Est-ce que la santé en Afrique est aussi un enjeu pour des pays tels que la France ?
Mireille Faugère : Naturellement ! L’Afrique est le continent du XXIème siècle. Pour que le monde aille bien, il faut que l’Afrique aille bien, et pour cela il faut que les femmes africaines aillent bien. L’empowerment des femmes, leur santé et leur éducation en santé sont clés. La lutte contre l’excision fait d’ailleurs partie des missions de l’Amref qui s’inscrit dans les objectifs 2030 de l’ONU.
Filippo Monteleone : Il est également intéressant et souvent inspirant d’étudier l’évolution du secteur de la santé en Afrique. Un saut technologique se produit dans certains pays. L’agilité de l’administration facilite la digitalisation du système de santé.
Faut-il opposer engagement sociétal et recherche de profit ?

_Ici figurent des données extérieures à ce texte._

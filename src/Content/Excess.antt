-- ===== src/Content/Excess.antt =====
-- updater/content.cpp: `deleteExcessFiles` and `sync`.
pub mod Laws
pub mod Deletion
use mediaupdater.Base.{
  String, ◌<>◌, Bool, true, false, not, ◌&&◌, ◌||◌, Option, none, some, List, [], ◌∷◌, ◌++◌,
  if◌then◌else◌, ◌==◌, string_eq,
}
use mediaupdater.Base.Int.{ℤ, int_eq}
use mediaupdater.Base.Lists.{is_empty}
use mediaupdater.Qt.{Qt}
use mediaupdater.Station.{Station, media_sync}
use mediaupdater.Content.{
  ContentType, music, advert, revision, report, is_music, ContentInfo, Content, dir_name_slash,
  source_dir_slash, destination_slash,
}
use mediaupdater.Content.Collect.{
  State, collect_content_from_file, collect_content_from_path, collect_content_from_dir,
}
use mediaupdater.Content.Copy.{copy_to_destination}
use mediaupdater.Check.{default, download_ok, status_code, check_rev}

-- Two entries for one file: directory and name agree.
unfoldable pub same_file : ContentInfo → ContentInfo → Bool
same_file a b = a.dir_name == b.dir_name && a.file_name == b.file_name

-- The inner loop: the standard files without the first that agrees, or `none`.
unfoldable pub take_match : ContentInfo → List ContentInfo → Option (List ContentInfo)
unfolding same_file
take_match source [] = none
take_match source (k ∷ ks) =
    let rest = take_match source ks in
    if same_file source k then some ks else elim rest [ none ↦ none | some ks' ↦ some (k ∷ ks') ]

module _ (Q : Qt) (st : Station) where
  -- The state of the outer loop: the standard files left, `destination`, and the files to delete.
  pub record Search : Type 0 where
    pub standart : List ContentInfo
    pub destination : String
    pub excess : List ContentInfo

  -- An entry with no match: for music the directory is set anew, and stays set.
  unfoldable pub unmatched : Content → ContentInfo → Q.World → Search → Search
  unmatched c source w s =
      let dir =
        if is_music c.content_type
        then (destination_slash c).1 <> dir_name_slash source
        else s.destination in
      record s {
        destination = dir;
        excess =
            if Q.exists (dir <> source.file_name) w then s.excess ++ (source ∷ []) else s.excess;
      }

  unfoldable pub search_one : Content → ContentInfo → Q.World → Search → Search
  unfolding unmatched
  search_one c source w s = elim (take_match source s.standart) [
    | some left ↦ record s { standart = left }
    | none ↦ unmatched c source w s
  ]

  unfoldable pub search_all : Content → List ContentInfo → Q.World → Search → Search
  unfolding search_one
  search_all c [] w s = s
  search_all c (source ∷ sources) w s = search_all c sources w (search_one c source w s)

  unfoldable pub remove_all : String → List ContentInfo → Q.World → Q.World
  remove_all destination [] w = w
  remove_all destination (info ∷ infos) w =
      remove_all destination infos (Q.remove_file (destination <> info.file_name) w).0

  -- From `QString destination = destinationSlash()` on.
  unfoldable pub delete_unmatched : State Q st → State Q st × Bool
  unfolding search_all remove_all
  delete_unmatched (c, w) =
      let (c', dest) = destination_slash c in
      let found =
        search_all c' c'.source_list w
          (record { standart = c'.standart_source_files; destination = dest; excess = [] }) in
      let c'' = record c' { standart_source_files = found.standart } in
      if is_empty found.excess
      then ((c'', w), false)
      else ((c'', remove_all found.destination found.excess w), true)

  -- The table that lists the standard files is there and recorded as whole.
  unfoldable pub table_ready : String → String → Q.World → Bool
  table_ready box_id table w =
      Q.exists table w && check_rev Q st box_id (Q.file_name table) w == status_code download_ok

  -- The entries of a revision whose file the server no longer lists lose the current file too.
  revision_gone : Content → String → Q.World → Bool
  revision_gone c source w =
      not (Q.exists source w)
      && check_rev Q st c.box_id (Q.file_name source) w == status_code default

  remove_target : ContentInfo → State Q st → State Q st
  remove_target info (c, w) =
      let (c', dest) = destination_slash c in
      let target = dest <> info.file_name in
      (c', if Q.exists target w then (Q.remove_file target w).0 else w)

  unfoldable pub remove_revisions : List ContentInfo → State Q st → State Q st
  unfolding revision_gone remove_target
  remove_revisions [] s = s
  remove_revisions (info ∷ infos) (c, w) =
      let source = source_dir_slash c <> (dir_name_slash info <> info.file_name) in
      remove_revisions infos
        (if revision_gone c source w then remove_target info (c, w) else (c, w))

  unfoldable pub box_path : Content → String → String
  box_path c file = media_sync Q st <> ("/" <> (c.box_id <> ("/" <> file)))

  -- The branches by type.
  excess_of_type : ContentType → State Q st → State Q st × Bool
  unfolding table_ready remove_revisions box_path delete_unmatched
  excess_of_type music (c, w) =
      let table = box_path c "chanels/chanels" in
      let (c', w') = collect_content_from_file Q st table (c, w) in
      let deleted = delete_unmatched (collect_content_from_path Q st c'.dest (c', w')) in
      if table_ready c.box_id table w then deleted else ((c, w), false)
  excess_of_type advert (c, w) =
      let table = box_path c "cron.d/adverttable" in
      let (c', w') = collect_content_from_file Q st table (c, w) in
      let deleted = delete_unmatched (collect_content_from_dir Q st c'.dest (c', w')) in
      if table_ready c.box_id table w then deleted else ((c, w), false)
  excess_of_type revision (c, w) = (remove_revisions c.source_list (c, w), false)
  excess_of_type report (c, w) = ((c, w), false)

  unfoldable pub delete_excess_files : State Q st → State Q st × Bool
  unfolding excess_of_type
  delete_excess_files (c, w) =
      let cleared = excess_of_type c.content_type (record c { standart_source_files = [] }, w) in
      if Q.exists (box_path c "command/command") w then cleared else ((c, w), false)

  -- The deletions do not count for the result.
  unfoldable pub sync : State Q st → State Q st × Bool
  sync s = let (s', result) = copy_to_destination Q st s in ((delete_excess_files s').0, result)
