-- ===== src/Content/Excess/Laws.antt =====
-- Content::deleteExcessFiles: what its search finds, counted per file.
use mediaupdater.Base.{
  ◌≡◌, refl, String, ◌<>◌, true, ◌&&◌, some, none, arith, Option-cases, inl, inr, List, [], ◌∷◌,
  ◌++◌, ℕ, ◌+◌, ◌-◌, if◌then◌else◌, string_eq,
}
use mediaupdater.Qt.{Qt}
use mediaupdater.Station.{Station}
use mediaupdater.Content.{is_music, ContentInfo, Content, destination_slash, dir_name_slash}
use mediaupdater.Content.Excess.{same_file, take_match, Search, unmatched, search_all}

-- How many entries of a list stand for the file of `k`.
abbrev pub count : ContentInfo → List ContentInfo → ℕ
count k [] = 0
count k (x ∷ xs) = (if same_file k x then 1 else 0) + count k xs

count-append :
    (k : ContentInfo) (xs ys : List ContentInfo) → count k (xs ++ ys) ≡ count k xs + count k ys
count-append k [] ys = omega arith
count-append k (x ∷ xs) ys = omega (arith, count-append k xs ys)

same_file_agree : (k x y : ContentInfo) → same_file x y ≡ true → same_file k y ≡ same_file k x
unfolding same_file
same_file_agree k x y h = ground arith

-- Taking a match takes one entry of that file and none of another.
count-take_match-some :
    (k x : ContentInfo) (ks left : List ContentInfo)
    → take_match x ks ≡ some left
    → count k ks ≡ count k left + (if same_file k x then 1 else 0)
unfolding take_match
count-take_match-some k x [] left h = cc
count-take_match-some k x (y ∷ ks) left h = elim (Option-cases (take_match x ks)) [
  | inl e ↦ ground (arith, same_file_agree k x y)
  | inr (rest, e) ↦ ground (arith, same_file_agree k x y, count-take_match-some k x ks rest e)
]

-- Where no match is found there is no entry of that file.
count-take_match-none :
    (k x : ContentInfo) (ks : List ContentInfo)
    → take_match x ks ≡ none
    → same_file k x ≡ true
    → count k ks ≡ 0
unfolding take_match same_file
count-take_match-none k x [] h e = refl
count-take_match-none k x (y ∷ ks) h e = elim (Option-cases (take_match x ks)) [
  | inl no_rest ↦ ground (arith, count-take_match-none k x ks no_rest e)
  | inr (rest, found) ↦ absurd (ground arith)
]

module _ (Q : Qt) (st : Station) (c : Content) (w : Q.World) where
  -- The path that the search looks at for an entry, when its directory is `destination`.
  abbrev pub place : String → ContentInfo → String
  place destination k =
      (if is_music c.content_type then (destination_slash c).1 <> dir_name_slash k else destination)
      <> k.file_name

  place_agree : (d : String) (k x : ContentInfo) → same_file k x ≡ true → place d k ≡ place d x
  unfolding same_file dir_name_slash
  place_agree d k x h = ground arith

  -- An entry with no match: it is counted where its file exists, and the paths stay.
  count-unmatched :
      (k x : ContentInfo) (s : Search Q st)
      → (count k (unmatched Q st c x w s).excess
          ≡ count k s.excess
            + (if same_file k x && Q.exists (place s.destination k) w then 1 else 0))
        × (place (unmatched Q st c x w s).destination k ≡ place s.destination k)
  unfolding unmatched
  count-unmatched k x s = (
    ground (arith, place_agree s.destination k x, count-append k s.excess (x ∷ [])),
    ground arith,
  )

  -- The search is the difference of two multisets: a file that exists is found as often as the
  -- directories list it beyond the standard list, and one that does not exist is not found.
  pub count-search_all :
      (k : ContentInfo) (sources : List ContentInfo) (s : Search Q st)
      → count k (search_all Q st c sources w s).excess
        ≡ count k s.excess
          + (if Q.exists (place s.destination k) w then count k sources - count k s.standart else 0)
  unfolding search_all
  count-search_all k [] s = ground arith
  count-search_all k (x ∷ sources) s = elim (Option-cases (take_match x s.standart)) [
    | inl e ↦ ground (
      arith,
      count-unmatched k x s,
      count-take_match-none k x s.standart e,
      count-search_all k sources (unmatched Q st c x w s),
    )
    | inr (left, e) ↦ ground (
      arith,
      count-take_match-some k x s.standart left e,
      count-search_all k sources (record s { standart = left }),
    )
  ]
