-- ===== src/Content/Excess/Deletion.antt =====
-- Content::deleteExcessFiles: what is deleted of what the search found.
use mediaupdater.Base.{
  ◌≡◌, ◌≢◌, refl, ap, String, ◌<>◌, true, false, arith, Option-cases, inl, inr, List, [], ◌∷◌, ◌++◌,
  ◌<◌, ◌∙◌, sym, subst, string_eq, Bool-cases,
}
use mediaupdater.Base.Text.{with_slash, with_slash_idem}
use mediaupdater.Qt.{Qt, IsLawful}
use mediaupdater.Station.{Station}
use mediaupdater.Content.{is_music, ContentInfo, Content, destination_slash, dir_name_slash}
use mediaupdater.Content.Excess.{
  same_file, take_match, Search, unmatched, search_one, search_all, remove_all, delete_unmatched,
}
use mediaupdater.Content.Excess.Laws.{count, count-search_all}

destination_slash_idem :
    (c : Content) → destination_slash (destination_slash c).0 ≡ destination_slash c
unfolding destination_slash
destination_slash_idem c = ground (arith, with_slash_idem c.dest)

same_file_name : (k x : ContentInfo) → same_file k x ≡ true → k.file_name ≡ x.file_name
unfolding same_file
same_file_name k x h = ground arith

module _ (Q : Qt) (L : IsLawful Q) (st : Station) (dir : String) where
  remove_all_absent :
      (path : String) (infos : List ContentInfo) (w : Q.World)
      → Q.exists path w ≡ false
      → Q.exists path (remove_all Q st dir infos w) ≡ false
  unfolding remove_all
  remove_all_absent path [] w h = h
  remove_all_absent path (i ∷ is) w h =
      remove_all_absent path is (Q.remove_file (dir <> i.file_name) w).0
        (elim (string_eq.dec path (dir <> i.file_name)) [
          | yes e ↦ rw e (L.exists-remove_file_absent (dir <> i.file_name) w (rw e at h))
          | no n ↦ L.exists-remove_file_ne (dir <> i.file_name) path w n ∙ h
        ])

  remove_file_gone :
      (path : String) (w : Q.World)
      → (Q.exists path w ≡ true → (Q.remove_file path w).1 ≡ true)
      → Q.exists path (Q.remove_file path w).0 ≡ false
  remove_file_gone path w free = elim (Bool-cases (Q.exists path w)) [
    | inl e ↦ L.exists-remove_file path w (free e)
    | inr e ↦ L.exists-remove_file_absent path w e
  ]

  -- Every file of the list is gone at the end, if the disk lets go of the files that are there.
  remove_all_gone :
      (k : ContentInfo) (infos : List ContentInfo) (w : Q.World)
      → ((path : String) (v : Q.World) → Q.exists path v ≡ true → (Q.remove_file path v).1 ≡ true)
      → 0 < count k infos
      → Q.exists (dir <> k.file_name) (remove_all Q st dir infos w) ≡ false
  unfolding remove_all same_file
  remove_all_gone k [] w free h = absurd (omega arith)
  remove_all_gone k (i ∷ is) w free h = elim (Bool-cases (same_file k i)) [
    | inl e ↦ remove_all_absent (dir <> k.file_name) is (Q.remove_file (dir <> i.file_name) w).0 (
        subst (λ name. Q.exists (dir <> name) (Q.remove_file (dir <> i.file_name) w).0 ≡ false)
          (sym (same_file_name k i e))
          (remove_file_gone (dir <> i.file_name) w (free (dir <> i.file_name) w)))
    | inr e ↦ remove_all_gone k is (Q.remove_file (dir <> i.file_name) w).0 free (ground arith)
  ]

module _ (Q : Qt) (st : Station) (c : Content) (w : Q.World) where
  destination-unmatched :
      (x : ContentInfo) (s : Search Q st)
      → is_music c.content_type ≡ false
      → (unmatched Q st c x w s).destination ≡ s.destination
  unfolding unmatched
  destination-unmatched x s h = ground arith

  destination-search_all :
      (sources : List ContentInfo) (s : Search Q st)
      → is_music c.content_type ≡ false
      → (search_all Q st c sources w s).destination ≡ s.destination
  unfolding search_all
  destination-search_all [] s h = refl
  destination-search_all (x ∷ sources) s h = elim (Option-cases (take_match x s.standart)) [
    | inl e ↦ ground (
      arith,
      destination-unmatched x s h,
      destination-search_all sources (unmatched Q st c x w s) h,
    )
    | inr (left, e) ↦
        ground (arith, destination-search_all sources (record s { standart = left }) h)
  ]

module _ (Q : Qt) (L : IsLawful Q) (st : Station) where
  -- For adverts, a file that the directory lists beyond the standard list is gone in the end, if
  -- the disk lets go of the files that are there.
  pub delete_unmatched_gone :
      (c : Content) (k : ContentInfo) (w : Q.World)
      → is_music c.content_type ≡ false
      → ((path : String) (v : Q.World) → Q.exists path v ≡ true → (Q.remove_file path v).1 ≡ true)
      → count k c.standart_source_files < count k c.source_list
      → Q.exists ((destination_slash c).1 <> k.file_name) (delete_unmatched Q st (c, w)).0.1 ≡ false
  unfolding delete_unmatched destination_slash
  delete_unmatched_gone c k w no_music free more =
      let (c', dest) = destination_slash c in
      let start : Search Q st = record {
        standart = c.standart_source_files;
        destination = dest;
        excess = [];
      } in
      let found = search_all Q st c' c.source_list w start in
      ground (
        arith,
        destination-search_all Q st c' w c.source_list start no_music,
        count-search_all Q st c' w k c.source_list start,
        remove_all_gone Q L st dest k found.excess w free,
        remove_all_absent Q L st dest (dest <> k.file_name) found.excess w,
      )

module _ (Q : Qt) (st : Station) (c : Content) (w : Q.World) (is_m : is_music c.content_type ≡ true)
    (dest : String) (settled : (destination_slash c).1 ≡ dest) where
  abbrev music_dir_of : ContentInfo → String
  music_dir_of x = dest <> dir_name_slash x

  -- A file that exists and matches nothing is found, and its directory becomes the destination.
  search_one_here :
      (x : ContentInfo) (d : String) (es : List ContentInfo)
      → Q.exists (music_dir_of x <> x.file_name) w ≡ true
      → search_one Q st c x w (record { standart = []; destination = d; excess = es })
        ≡ record { standart = []; destination = music_dir_of x; excess = es ++ (x ∷ []) }
  unfolding search_one take_match
  search_one_here x d es here = ground (arith, ap (λ t. t <> dir_name_slash x) settled)

  -- Two such files are both found, in the directory of the second.
  search_two :
      (a b : ContentInfo) (d : String)
      → Q.exists (music_dir_of a <> a.file_name) w ≡ true
      → Q.exists (music_dir_of b <> b.file_name) w ≡ true
      → search_all Q st c (a ∷ b ∷ []) w (record { standart = []; destination = d; excess = [] })
        ≡ record { standart = []; destination = music_dir_of b; excess = a ∷ b ∷ [] }
  unfolding search_all
  search_two a b d here_a here_b =
      ap (search_all Q st c (b ∷ []) w) (search_one_here a d [] here_a)
      ∙ search_one_here b (music_dir_of a) (a ∷ []) here_b

module _ (Q : Qt) (L : IsLawful Q) (st : Station) where
  -- For music the directory of the last file found serves all of them: with no standard file
  -- and two excess files, both on disk, the first stays in its own directory, if it is neither
  -- file that the second's directory is searched for.
  pub delete_unmatched_music :
      (c : Content) (a b : ContentInfo) (w : Q.World)
      → is_music c.content_type ≡ true
      → let found = record c { source_list = a ∷ b ∷ []; standart_source_files = [] } in
        let dest = with_slash c.dest in
        let own = (dest <> dir_name_slash a) <> a.file_name in
        let dir = dest <> dir_name_slash b in
        Q.exists own w ≡ true
        → Q.exists (dir <> b.file_name) w ≡ true
        → own ≢ dir <> a.file_name
        → own ≢ dir <> b.file_name
        → let w' = (delete_unmatched Q st (found, w)).0.1 in
          (w' ≡ remove_all Q st dir (a ∷ b ∷ []) w) × (Q.exists own w' ≡ true)
  unfolding delete_unmatched destination_slash
  delete_unmatched_music c a b w is_m here_a here_b ne_a ne_b =
      let dest = with_slash c.dest in
      let c' : Content = record c {
        source_list = a ∷ b ∷ [];
        standart_source_files = [];
        dest = dest;
      } in
      let own = (dest <> dir_name_slash a) <> a.file_name in
      let dir = dest <> dir_name_slash b in
      ground (
        arith,
        search_two Q st c' w is_m dest (with_slash_idem c.dest) a b dest here_a here_b,
        L.exists-remove_file_ne (dir <> a.file_name) own w ne_a,
        L.exists-remove_file_ne (dir <> b.file_name) own (Q.remove_file (dir <> a.file_name) w).0
            ne_b,
      )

Filippo Monteleone : En France il y a beaucoup de questions sur l’engagement sociétal des entreprises. D’où les fondations qui permettent de répondre à ce besoin. Mais l’engagement doit faire partie du modèle économique des entreprises. Activités lucratives et non-lucratives ne sont pas contradictoires. L’AMREF a été précurseur dans cette logique : une innovation comme les « flying doctors », nécessaire pour atteindre les objectifs de l’ONG, est maintenant mise à disposition des compagnies d’assurance.
Mireille Faugère : En effet cette offre de rapatriement sanitaire est proposée de manière payante aux entreprises privées et le profit retiré permet de participer au financement de nos actions humanitaires.
Filippo Monteleone : Exactement ! Lorsque des outils ou des infrastructures sont créés, il est possible de les vendre, ou de trouver des partenariats.
Mireille Faugère : Au sein de l’AMREF international, la holding gère la partie humanitaire, et cohabite avec des business units, comme « flying doctors », une université de santé publique ou l’AMREF entreprises.
Filippo Monteleone : Et ça n’a rien de choquant !
Est-il difficile de lever des fonds en France ?
Mireille Faugère : Oui car il y une véritable concurrence. Les entreprises sont très sollicitées. Nous devons donc montrer combien les entreprises françaises qui investissent en Afrique ont intérêt à se préoccuper de la santé des africains.
Filippo Monteleone : Il faut apporter la preuve de notre engagement et de notre professionnalisme. Nous sommes régulièrement audités, et respectons une compliance de très haut niveau. L’AMREF s’est développée sur un modèle culturel anglo-saxon, le partenariat public/privé fait partie de son ADN.
Mireille Faugère : Les fondations d’entreprise, mais aussi les bailleurs publics, demandent effectivement des résultats tangibles, en impact de nos actions sur la santé des populations et en suivi financier et comptable des financements. L’évaluation fait partie du métier. On nous demande des suivis très stricts, nous devons rendre des comptes. Le niveau d’exigence est très élevé, qu’on ne s’y trompe pas : c’est celui du monde de l’entreprise, et il supporte la comparaison avec celui réclamé dans les établissements de santé français.
Quelles sont vos ambitions pour l’AMREF en France ?
Mireille Faugère : La rendre plus visible car elle repose sur un modèle juste, moderne et inspirant. L’AMREF peut et doit devenir une fenêtre sur l’Afrique et sur un modèle de développement particulièrement pertinent. Notre objectif est qu’elle se développe.
Filippo Monteleone : En aidant les entreprises françaises à mieux comprendre l’Afrique, AMREF France et le Club Santé Afrique favorisent leur implantation et le développement d’un projet d’entreprise et sociétal en Afrique. Ainsi, AMREF est à l’origine d’échanges très enrichissants dans les 2 sens et contribue à renforcer les liens entre nos continents pour une plus grande compréhension réciproque. Il en va de notre avenir commun.